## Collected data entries
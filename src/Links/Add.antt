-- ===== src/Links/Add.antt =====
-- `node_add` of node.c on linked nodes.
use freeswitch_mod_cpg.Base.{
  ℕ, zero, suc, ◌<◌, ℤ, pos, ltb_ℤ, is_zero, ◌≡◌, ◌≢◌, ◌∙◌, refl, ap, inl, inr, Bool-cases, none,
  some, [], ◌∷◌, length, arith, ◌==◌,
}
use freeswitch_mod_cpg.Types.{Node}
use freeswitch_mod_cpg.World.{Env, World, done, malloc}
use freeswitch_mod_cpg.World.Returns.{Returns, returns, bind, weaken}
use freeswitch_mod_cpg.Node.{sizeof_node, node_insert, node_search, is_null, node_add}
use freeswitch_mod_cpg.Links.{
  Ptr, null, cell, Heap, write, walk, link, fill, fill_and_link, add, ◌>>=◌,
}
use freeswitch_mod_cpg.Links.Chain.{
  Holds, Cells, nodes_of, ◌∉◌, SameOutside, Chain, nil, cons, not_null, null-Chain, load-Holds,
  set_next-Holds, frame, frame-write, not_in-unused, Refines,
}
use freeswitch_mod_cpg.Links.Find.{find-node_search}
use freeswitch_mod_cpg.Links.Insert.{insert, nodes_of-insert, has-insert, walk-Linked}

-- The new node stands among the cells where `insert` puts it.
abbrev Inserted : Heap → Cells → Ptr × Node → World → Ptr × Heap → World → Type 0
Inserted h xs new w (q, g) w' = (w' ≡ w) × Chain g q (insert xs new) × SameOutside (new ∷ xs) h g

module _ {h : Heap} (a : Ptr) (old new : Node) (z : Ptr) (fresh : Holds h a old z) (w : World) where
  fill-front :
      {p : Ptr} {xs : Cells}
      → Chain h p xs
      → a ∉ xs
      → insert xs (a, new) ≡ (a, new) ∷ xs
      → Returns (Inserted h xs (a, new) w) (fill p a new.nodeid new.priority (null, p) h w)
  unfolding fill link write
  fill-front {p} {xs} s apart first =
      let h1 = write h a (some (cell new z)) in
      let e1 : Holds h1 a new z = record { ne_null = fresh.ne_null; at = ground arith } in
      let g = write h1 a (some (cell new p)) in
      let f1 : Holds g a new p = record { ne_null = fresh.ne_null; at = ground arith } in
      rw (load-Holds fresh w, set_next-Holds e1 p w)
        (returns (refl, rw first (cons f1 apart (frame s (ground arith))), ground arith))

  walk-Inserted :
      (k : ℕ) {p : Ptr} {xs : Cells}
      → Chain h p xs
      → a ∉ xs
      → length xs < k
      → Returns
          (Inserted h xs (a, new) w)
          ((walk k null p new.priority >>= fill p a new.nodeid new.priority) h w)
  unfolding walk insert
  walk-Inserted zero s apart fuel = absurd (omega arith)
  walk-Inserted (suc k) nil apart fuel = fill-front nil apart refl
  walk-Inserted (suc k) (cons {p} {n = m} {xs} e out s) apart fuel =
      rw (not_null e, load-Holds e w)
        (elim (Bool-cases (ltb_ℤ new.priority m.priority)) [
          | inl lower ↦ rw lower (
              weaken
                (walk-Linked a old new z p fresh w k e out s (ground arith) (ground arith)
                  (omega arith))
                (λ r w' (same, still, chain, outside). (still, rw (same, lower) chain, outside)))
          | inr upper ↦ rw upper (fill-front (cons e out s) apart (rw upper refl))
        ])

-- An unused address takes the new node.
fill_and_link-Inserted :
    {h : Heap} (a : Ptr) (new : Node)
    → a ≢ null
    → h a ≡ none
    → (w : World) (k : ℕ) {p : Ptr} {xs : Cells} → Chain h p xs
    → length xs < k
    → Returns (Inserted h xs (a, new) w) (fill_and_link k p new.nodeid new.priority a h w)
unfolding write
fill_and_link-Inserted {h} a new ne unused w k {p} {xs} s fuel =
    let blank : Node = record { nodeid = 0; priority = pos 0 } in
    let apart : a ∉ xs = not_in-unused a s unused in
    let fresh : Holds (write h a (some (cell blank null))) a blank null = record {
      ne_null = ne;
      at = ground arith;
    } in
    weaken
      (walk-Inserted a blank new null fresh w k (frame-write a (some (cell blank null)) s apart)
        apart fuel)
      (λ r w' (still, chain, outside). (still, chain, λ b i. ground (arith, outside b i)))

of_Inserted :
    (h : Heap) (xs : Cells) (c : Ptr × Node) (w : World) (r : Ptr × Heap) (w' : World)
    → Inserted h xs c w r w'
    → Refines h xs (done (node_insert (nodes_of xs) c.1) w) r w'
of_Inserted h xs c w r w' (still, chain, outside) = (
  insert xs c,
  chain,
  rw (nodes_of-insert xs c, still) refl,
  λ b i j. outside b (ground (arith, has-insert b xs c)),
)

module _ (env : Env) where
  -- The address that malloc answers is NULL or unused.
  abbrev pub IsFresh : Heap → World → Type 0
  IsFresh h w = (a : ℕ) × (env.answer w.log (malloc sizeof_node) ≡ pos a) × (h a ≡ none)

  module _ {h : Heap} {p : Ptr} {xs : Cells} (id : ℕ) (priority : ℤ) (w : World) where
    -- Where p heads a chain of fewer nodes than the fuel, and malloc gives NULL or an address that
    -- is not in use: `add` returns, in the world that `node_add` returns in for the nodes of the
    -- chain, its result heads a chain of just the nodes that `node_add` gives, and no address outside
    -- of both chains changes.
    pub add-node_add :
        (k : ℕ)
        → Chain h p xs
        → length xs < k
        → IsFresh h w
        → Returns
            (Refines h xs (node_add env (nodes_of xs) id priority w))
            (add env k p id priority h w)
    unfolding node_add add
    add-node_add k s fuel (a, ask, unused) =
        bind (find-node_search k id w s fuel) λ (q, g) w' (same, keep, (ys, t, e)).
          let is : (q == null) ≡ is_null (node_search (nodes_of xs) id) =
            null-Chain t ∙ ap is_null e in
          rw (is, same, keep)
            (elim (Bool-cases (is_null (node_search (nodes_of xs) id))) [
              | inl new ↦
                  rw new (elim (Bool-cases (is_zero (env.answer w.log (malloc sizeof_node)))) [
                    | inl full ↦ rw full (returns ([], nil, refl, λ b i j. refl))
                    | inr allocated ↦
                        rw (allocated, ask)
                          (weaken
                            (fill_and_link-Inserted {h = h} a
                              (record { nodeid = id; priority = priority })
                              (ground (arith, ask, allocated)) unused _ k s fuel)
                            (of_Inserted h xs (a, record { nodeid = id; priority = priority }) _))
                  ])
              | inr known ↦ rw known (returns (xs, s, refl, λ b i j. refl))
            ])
* * *
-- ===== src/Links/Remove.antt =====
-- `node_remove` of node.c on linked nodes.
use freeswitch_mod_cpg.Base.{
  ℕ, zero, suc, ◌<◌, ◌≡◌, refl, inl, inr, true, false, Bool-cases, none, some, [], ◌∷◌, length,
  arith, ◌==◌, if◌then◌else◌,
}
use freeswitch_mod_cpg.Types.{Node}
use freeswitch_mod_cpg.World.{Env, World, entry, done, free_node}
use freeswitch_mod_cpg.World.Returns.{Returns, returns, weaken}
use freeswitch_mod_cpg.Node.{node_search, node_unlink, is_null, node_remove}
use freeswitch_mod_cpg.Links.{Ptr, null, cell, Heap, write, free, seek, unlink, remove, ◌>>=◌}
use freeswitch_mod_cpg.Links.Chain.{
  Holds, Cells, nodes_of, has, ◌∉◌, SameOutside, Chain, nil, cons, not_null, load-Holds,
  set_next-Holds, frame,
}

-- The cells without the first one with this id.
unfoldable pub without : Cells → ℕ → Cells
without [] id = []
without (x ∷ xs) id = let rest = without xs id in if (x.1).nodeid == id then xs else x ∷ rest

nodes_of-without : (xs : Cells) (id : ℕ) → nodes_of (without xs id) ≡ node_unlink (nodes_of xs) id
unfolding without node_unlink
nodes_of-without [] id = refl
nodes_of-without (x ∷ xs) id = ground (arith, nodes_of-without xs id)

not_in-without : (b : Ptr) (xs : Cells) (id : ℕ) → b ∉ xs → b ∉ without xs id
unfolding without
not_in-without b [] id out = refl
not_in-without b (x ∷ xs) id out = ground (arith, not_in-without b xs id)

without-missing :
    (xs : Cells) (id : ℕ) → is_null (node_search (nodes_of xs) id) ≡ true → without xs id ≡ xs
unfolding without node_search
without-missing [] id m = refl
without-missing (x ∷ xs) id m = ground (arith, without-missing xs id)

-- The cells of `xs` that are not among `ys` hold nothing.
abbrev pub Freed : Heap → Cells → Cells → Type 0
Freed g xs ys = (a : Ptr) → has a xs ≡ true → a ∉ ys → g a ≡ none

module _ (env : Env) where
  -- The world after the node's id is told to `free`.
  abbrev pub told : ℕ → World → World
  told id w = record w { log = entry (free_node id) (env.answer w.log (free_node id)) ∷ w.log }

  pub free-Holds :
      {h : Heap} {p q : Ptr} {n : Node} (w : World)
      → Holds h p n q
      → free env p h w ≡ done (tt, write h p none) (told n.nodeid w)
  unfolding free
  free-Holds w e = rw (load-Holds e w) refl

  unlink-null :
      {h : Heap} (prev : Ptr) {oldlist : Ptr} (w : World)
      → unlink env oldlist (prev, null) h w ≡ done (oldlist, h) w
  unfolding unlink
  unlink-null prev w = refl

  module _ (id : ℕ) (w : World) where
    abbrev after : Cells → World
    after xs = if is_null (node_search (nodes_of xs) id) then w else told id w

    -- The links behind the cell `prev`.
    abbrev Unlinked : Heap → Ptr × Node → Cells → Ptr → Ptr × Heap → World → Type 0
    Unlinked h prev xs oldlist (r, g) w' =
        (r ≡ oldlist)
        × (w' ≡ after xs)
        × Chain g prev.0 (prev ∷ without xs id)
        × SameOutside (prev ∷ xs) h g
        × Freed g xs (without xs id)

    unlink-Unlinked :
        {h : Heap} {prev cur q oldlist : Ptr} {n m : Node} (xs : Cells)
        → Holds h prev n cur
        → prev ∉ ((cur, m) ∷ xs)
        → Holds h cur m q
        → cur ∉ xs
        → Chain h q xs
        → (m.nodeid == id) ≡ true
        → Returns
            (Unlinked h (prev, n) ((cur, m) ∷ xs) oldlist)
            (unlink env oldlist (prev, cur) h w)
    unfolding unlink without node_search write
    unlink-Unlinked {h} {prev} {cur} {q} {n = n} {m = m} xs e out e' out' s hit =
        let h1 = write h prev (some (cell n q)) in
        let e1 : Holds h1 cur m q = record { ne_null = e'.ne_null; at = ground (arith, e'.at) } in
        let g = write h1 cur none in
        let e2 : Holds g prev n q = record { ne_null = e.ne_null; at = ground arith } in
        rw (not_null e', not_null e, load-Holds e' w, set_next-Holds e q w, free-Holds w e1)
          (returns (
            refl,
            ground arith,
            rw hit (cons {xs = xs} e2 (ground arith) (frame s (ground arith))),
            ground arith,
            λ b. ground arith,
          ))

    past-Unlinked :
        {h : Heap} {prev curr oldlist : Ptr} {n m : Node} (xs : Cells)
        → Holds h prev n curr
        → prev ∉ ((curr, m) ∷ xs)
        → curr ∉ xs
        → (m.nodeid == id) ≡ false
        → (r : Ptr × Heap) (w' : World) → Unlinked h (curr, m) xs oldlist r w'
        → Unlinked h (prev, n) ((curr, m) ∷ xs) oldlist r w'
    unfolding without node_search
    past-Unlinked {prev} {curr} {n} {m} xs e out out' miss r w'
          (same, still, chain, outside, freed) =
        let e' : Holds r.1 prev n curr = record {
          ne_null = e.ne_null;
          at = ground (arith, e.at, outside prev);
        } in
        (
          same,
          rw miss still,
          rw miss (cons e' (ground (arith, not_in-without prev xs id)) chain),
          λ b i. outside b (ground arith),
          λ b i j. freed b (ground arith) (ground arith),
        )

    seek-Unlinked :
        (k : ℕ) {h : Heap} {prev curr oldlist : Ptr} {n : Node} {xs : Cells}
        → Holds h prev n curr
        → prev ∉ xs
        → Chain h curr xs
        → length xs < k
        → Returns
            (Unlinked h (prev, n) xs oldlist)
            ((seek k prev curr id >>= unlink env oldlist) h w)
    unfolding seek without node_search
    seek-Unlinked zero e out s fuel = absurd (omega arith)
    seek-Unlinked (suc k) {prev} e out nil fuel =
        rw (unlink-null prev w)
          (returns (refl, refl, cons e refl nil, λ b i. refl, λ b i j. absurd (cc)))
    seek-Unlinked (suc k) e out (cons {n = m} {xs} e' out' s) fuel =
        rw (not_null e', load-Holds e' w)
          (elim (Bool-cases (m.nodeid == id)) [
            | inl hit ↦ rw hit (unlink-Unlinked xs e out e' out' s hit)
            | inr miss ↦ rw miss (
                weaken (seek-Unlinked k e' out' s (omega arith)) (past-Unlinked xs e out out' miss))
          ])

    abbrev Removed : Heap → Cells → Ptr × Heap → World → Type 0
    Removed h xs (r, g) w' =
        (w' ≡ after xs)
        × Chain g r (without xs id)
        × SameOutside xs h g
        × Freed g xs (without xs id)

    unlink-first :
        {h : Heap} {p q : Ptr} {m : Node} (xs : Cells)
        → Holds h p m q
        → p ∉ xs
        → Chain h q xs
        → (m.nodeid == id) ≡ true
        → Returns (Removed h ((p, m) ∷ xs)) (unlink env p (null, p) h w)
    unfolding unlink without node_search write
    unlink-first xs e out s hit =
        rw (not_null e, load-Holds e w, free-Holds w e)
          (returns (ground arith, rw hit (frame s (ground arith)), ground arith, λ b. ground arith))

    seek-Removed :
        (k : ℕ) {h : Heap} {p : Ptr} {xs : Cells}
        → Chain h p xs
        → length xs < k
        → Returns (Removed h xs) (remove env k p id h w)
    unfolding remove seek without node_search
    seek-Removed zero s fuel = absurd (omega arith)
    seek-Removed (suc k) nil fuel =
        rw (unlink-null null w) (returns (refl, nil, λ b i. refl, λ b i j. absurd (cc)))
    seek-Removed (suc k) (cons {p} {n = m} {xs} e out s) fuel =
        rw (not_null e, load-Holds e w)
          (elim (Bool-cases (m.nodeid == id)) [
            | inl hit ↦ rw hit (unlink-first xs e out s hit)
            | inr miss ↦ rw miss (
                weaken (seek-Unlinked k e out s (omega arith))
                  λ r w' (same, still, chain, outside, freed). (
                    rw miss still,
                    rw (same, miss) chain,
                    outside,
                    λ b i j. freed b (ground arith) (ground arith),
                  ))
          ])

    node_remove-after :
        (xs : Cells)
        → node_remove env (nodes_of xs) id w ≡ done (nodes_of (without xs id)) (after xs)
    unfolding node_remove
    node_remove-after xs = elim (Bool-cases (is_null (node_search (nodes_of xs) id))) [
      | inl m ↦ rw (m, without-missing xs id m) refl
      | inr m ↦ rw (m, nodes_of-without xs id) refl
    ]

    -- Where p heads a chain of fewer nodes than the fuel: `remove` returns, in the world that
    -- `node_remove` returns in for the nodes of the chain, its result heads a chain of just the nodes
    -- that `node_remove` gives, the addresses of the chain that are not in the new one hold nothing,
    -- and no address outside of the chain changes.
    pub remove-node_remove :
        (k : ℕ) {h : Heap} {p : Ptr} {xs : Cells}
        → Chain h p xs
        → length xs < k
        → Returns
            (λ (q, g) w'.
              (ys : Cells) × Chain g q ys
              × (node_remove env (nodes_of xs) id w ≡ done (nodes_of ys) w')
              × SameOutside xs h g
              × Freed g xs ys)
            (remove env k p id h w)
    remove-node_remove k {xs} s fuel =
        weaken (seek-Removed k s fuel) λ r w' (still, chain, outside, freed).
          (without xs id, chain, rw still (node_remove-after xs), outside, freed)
--
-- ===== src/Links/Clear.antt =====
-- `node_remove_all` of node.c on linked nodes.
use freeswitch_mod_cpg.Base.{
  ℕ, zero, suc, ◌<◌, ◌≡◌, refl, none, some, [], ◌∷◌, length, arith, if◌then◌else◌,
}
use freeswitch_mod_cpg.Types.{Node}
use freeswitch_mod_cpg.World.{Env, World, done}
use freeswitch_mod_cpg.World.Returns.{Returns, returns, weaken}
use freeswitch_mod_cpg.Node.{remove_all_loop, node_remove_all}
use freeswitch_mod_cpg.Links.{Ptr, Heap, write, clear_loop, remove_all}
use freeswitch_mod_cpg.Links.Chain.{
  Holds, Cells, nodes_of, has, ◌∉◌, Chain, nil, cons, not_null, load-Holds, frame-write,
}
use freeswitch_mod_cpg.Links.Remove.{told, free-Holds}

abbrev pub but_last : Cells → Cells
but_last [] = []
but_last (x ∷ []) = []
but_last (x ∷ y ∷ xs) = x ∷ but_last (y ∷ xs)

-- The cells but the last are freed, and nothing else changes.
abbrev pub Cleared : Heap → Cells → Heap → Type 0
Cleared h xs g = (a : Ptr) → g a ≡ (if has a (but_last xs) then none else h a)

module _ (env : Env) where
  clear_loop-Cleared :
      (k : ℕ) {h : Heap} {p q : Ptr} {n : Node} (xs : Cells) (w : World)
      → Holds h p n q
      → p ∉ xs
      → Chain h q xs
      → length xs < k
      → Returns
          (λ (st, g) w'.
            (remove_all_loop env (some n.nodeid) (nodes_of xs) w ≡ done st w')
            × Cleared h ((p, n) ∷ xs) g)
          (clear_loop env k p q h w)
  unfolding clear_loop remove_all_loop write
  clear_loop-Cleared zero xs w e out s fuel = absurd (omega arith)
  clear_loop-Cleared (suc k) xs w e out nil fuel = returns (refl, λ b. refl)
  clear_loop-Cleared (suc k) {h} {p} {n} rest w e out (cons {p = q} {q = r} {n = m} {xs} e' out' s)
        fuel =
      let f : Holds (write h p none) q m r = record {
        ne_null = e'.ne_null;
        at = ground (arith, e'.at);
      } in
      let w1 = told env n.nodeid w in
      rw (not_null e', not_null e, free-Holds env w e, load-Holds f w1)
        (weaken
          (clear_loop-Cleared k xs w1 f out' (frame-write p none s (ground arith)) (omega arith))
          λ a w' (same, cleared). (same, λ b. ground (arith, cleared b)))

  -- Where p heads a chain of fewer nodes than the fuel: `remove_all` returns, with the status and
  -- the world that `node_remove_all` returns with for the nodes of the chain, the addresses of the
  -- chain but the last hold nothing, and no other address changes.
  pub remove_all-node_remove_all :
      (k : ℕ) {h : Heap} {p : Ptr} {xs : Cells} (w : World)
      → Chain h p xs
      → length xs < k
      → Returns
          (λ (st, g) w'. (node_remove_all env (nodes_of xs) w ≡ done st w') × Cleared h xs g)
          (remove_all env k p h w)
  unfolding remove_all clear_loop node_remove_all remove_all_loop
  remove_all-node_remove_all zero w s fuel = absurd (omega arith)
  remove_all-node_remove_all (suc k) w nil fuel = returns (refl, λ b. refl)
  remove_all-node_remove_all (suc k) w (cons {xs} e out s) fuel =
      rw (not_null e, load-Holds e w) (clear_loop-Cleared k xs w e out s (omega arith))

## Problem description
Check each line above for the word "elim" and copy the ones that have it.

## Solution to this exercise
        (elim (Bool-cases (ltb_ℤ new.priority m.priority)) [
            (elim (Bool-cases (is_null (node_search (nodes_of xs) id))) [
                  rw new (elim (Bool-cases (is_zero (env.answer w.log (malloc sizeof_node)))) [
          (elim (Bool-cases (m.nodeid == id)) [
          (elim (Bool-cases (m.nodeid == id)) [
    node_remove-after xs = elim (Bool-cases (is_null (node_search (nodes_of xs) id))) [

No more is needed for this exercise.